En temps normal, tout cela pourrait être d'un impact politique assez limité, mais Trump ayant fait de l'envolée boursière une des vitrines de son mandat, c'est un élément qui peut avoir son importance.

Concernant le budget proposé par le Sénat, on est sur un plan bien plus pérenne que de moyen terme : il vise un financement sur deux ans, avec une hausse sur la période de 180 milliards du budget de la défense et de 130 milliards pour les budgets domestiques, avec en prime une grosse enveloppe pour le traitement des catastrophes naturelles.
Le Sénat par ce projet bipartisan (les républicains ont leur hausse du budget militaire, les démocrates ont leur hausse des budgets domestiques) a pris de court la Chambre qui préférait de loin un nouveau financement temporaire. Au Sénat, MacConnell et Schumer ont réaffirmé leur accord de mettre en débat la question du DACA après le vote de ce budget (et je reste persuadé qu'il ne devrait pas être trop difficile de trouver 60 votes pour la naturalisation des dreamers avec quelques concessions sur la réforme du droit d'asile).
A la Chambre par contre ça coince. D'une les faucons budgétaires républicains ne sont pas prêts à brader la doxa républicaine aussi facilement (la dette pour offrir des baisses d'impôts oui, pour de la dépense non). De deux les démocrates de la Chambre (surtout l'ailé libérale du parti) n'ont pas les mêmes assurances de la part de Ryan sur le DACA : ils restent persuadés que le Speaker ne prendra pas le risque de perdre son poste en énervant son caucus par un débat sur l'immigration.

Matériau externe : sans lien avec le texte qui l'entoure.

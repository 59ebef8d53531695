-- ===== src/Planning/Reservation/Conflicts.antt =====
-- The index lists of `ReservationTable::reserve` (planning/src/planner.cpp) against plain scans.
use mathlib.Core.Bool.{◌&&◌}
use sentinel_public.Prelude.{
  ℕ, suc, ◌+◌, ◌%◌, ◌^◌, ◌<◌, ◌≡◌, refl, ap, ◌∙◌, Bool, not, List, [], ◌∷◌, ◌++◌, map, Option,
  get_elem?, any, keep, count_if, length, if◌then◌else◌, Bool-cases, inl, inr, arith,
}
use sentinel_public.Prelude.Order.{sort}
use sentinel_public.Planning.Reservation.{
  Reservation, ReservationTable, ReservationResult, committed, rejected, overlaps, higher_priority,
  reservation_order, conflict_indices, loses_to, erase_indices, settle, record_proposal,
}

module _ {ℓ} {A : Type ℓ} where
  erase_indices-suc :
      (is : List ℕ) (x : A) (xs : List A)
      → erase_indices (map suc is) (x ∷ xs) ≡ x ∷ erase_indices is xs
  unfolding erase_indices
  erase_indices-suc [] x xs = refl
  erase_indices-suc (i ∷ is) x xs = rw (erase_indices-suc is x xs)

  any-map-suc :
      (f : Option A → Bool) (is : List ℕ) (x : A) (xs : List A)
      → any (λ i. f (get_elem? (x ∷ xs) i)) (map suc is) ≡ any (λ i. f (get_elem? xs i)) is
  any-map-suc f [] x xs = refl
  any-map-suc f (i ∷ is) x xs = rw (any-map-suc f is x xs)

length-map-suc : (is : List ℕ) → length (map suc is) ≡ length is
length-map-suc [] = refl
length-map-suc (i ∷ is) = ap suc (length-map-suc is)

module _ (p : Reservation) where
  conflict_indices-suc :
      (k : ℕ) (cs : List Reservation)
      → conflict_indices p (suc k) cs ≡ map suc (conflict_indices p k cs)
  unfolding conflict_indices
  conflict_indices-suc k [] = refl
  conflict_indices-suc k (c ∷ cs) = ground (arith, conflict_indices-suc (suc k) cs)

  -- Erasing the conflicts from the last to the first leaves what does not overlap, in order.
  pub erase_conflicts :
      (cs : List Reservation)
      → erase_indices (conflict_indices p 0 cs) cs ≡ keep (λ c. not (overlaps c p)) cs
  erase_conflicts [] = unfold conflict_indices erase_indices in refl
  erase_conflicts (c ∷ cs) = step (erase_conflicts cs)
    where
      step :
          erase_indices (conflict_indices p 0 cs) cs ≡ keep (λ c. not (overlaps c p)) cs
          → erase_indices (conflict_indices p 0 (c ∷ cs)) (c ∷ cs)
            ≡ keep (λ c. not (overlaps c p)) (c ∷ cs)
      step ih =
          unfold conflict_indices in
          rw (conflict_indices-suc 0 cs) (elim (Bool-cases (overlaps c p)) [
            | inl hit ↦ rw hit (unfold erase_indices in rw (erase_indices-suc, ih))
            | inr miss ↦ rw miss (rw (erase_indices-suc, ih))
          ])

  pub any_conflict :
      (cs : List Reservation)
      → any (λ i. loses_to p (get_elem? cs i)) (conflict_indices p 0 cs)
        ≡ any (λ c. overlaps c p && not (higher_priority p c)) cs
  unfolding conflict_indices loses_to
  any_conflict [] = refl
  any_conflict (c ∷ cs) =
      rw (conflict_indices-suc 0 cs)
        (ground (arith, any-map-suc (loses_to p) (conflict_indices p 0 cs) c cs, any_conflict cs))

  pub length-conflicts :
      (cs : List Reservation) → length (conflict_indices p 0 cs) ≡ count_if (λ c. overlaps c p) cs
  unfolding conflict_indices
  length-conflicts [] = refl
  length-conflicts (c ∷ cs) =
      rw (conflict_indices-suc 0 cs)
        (ground (arith, length-map-suc (conflict_indices p 0 cs), length-conflicts cs))

-- Some overlapping reservation is not outranked by the proposal.
abbrev pub is_beaten : ReservationTable → Reservation → Bool
is_beaten t p = any (λ c. overlaps c p && not (higher_priority p c)) t.committed

-- What `reserve` does to a fresh proposal, without indices.
unfoldable pub settled : ReservationTable → Reservation → ReservationTable × ReservationResult
settled t p =
    let seen = sort reservation_order (t.seen ++ p ∷ []) in
    if is_beaten t p
    then (record t { seen = seen; conflicts = (t.conflicts + 1) % 2 ^ 64 }, rejected)
    else (
      record t {
        seen = seen;
        committed = sort reservation_order (keep (λ c. not (overlaps c p)) t.committed ++ p ∷ []);
        conflicts = (t.conflicts + count_if (λ c. overlaps c p) t.committed) % 2 ^ 64;
      },
      committed,
    )

module _ (t : ReservationTable) (p : Reservation) where
  abbrev with_seen : ReservationTable
  with_seen = record t { seen = sort reservation_order (t.seen ++ p ∷ []) }

  settle-eq-settled : settle with_seen p ≡ settled t p
  unfolding settled settle sort
  settle-eq-settled =
      rw (any_conflict p t.committed, erase_conflicts p t.committed, length-conflicts p t.committed)

  conflicting :
      (is : List ℕ) (i : ℕ)
      → conflict_indices p 0 t.committed ≡ i ∷ is
      → record_proposal t p ≡ settle with_seen p
  unfolding record_proposal
  conflicting is i e = rw (e, record_proposal)

-- On a table whose counter is below 2 ^ 64, the index lists and the early return of `reserve` come to
-- a filter and a count.
pub record_proposal-eq-settled :
    (t : ReservationTable) (p : Reservation)
    → t.conflicts < 2 ^ 64
    → record_proposal t p ≡ settled t p
record_proposal-eq-settled t p h = by_conflicts (conflict_indices p 0 t.committed) refl
  where
    by_conflicts :
        (is : List ℕ) → conflict_indices p 0 t.committed ≡ is → record_proposal t p ≡ settled t p
    by_conflicts [] e =
        let kept = erase_conflicts p t.committed in
        let beaten = any_conflict p t.committed in
        let count = length-conflicts p t.committed in
        unfold record_proposal settled erase_indices in
        ground (
          arith,
          kept,
          beaten,
          count,
          ap (λ (js : List ℕ). erase_indices js t.committed) e,
          ap (any (λ i. loses_to p (get_elem? t.committed i))) e,
        )
    by_conflicts (i ∷ is) e = conflicting t p is i e ∙ settle-eq-settled t p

D'autant qu'à la Chambre, il est très difficile de savoir ce que donnerait un vote sur la naturalisation des dreamers et une réforme de l'immigration.
Pour l'heure, Paul du Kentucky semble faire trainer les choses au Sénat pour retarder le vote (en tant que libertarien il goûte fort peu ce genre de projet budgetivore), et du côté de la Chambre c'est silence radio.
https://www.cnn.com/2018/02/08/politics ... index.html
Quant à la Maison Blanche, elle s'est débattue toute la journée en essayant de gérer les retombées d'une nouvelle démission (Rob Porter, le chargé du traitement de l'information auprès du président, a démissionné après qu'ait été rendue publique une enquête le visant suite à des plaintes de violences physiques et sexuelles de la part de ses deux ex-femmes) et en évitant de parler des soucis boursiers des derniers jours.
https://www.cnn.com/2018/02/08/politics ... index.html
Et, pendant ce temps là, le GOP de l'Illinois fait face à une situation plus que gênante : dans une primaire non disputée pour la candidature républicaine au siège du 3e district de l'état (un siège considéré comme trop sur pour les démocrates, le GOP n'avait même pas présenté de candidat en 2016), c'est un candidat néo-nazi qui s'est imposé, faute de combattants.
https://www.nytimes.com/2018/02/07/us/n ... inois.html
Ce qui est désarmant c'est que le GOP local a laissé passer les délais légaux pour contester l'investiture. Du coup les démocrates de l'état (qui visent de faire tomber le gouverneur républicain sortant en novembre) font leurs choux gras de tout ça en dénonçant le racisme ambiant du GOP (après les propos de Trump sur Charlottesville et le shitholegate).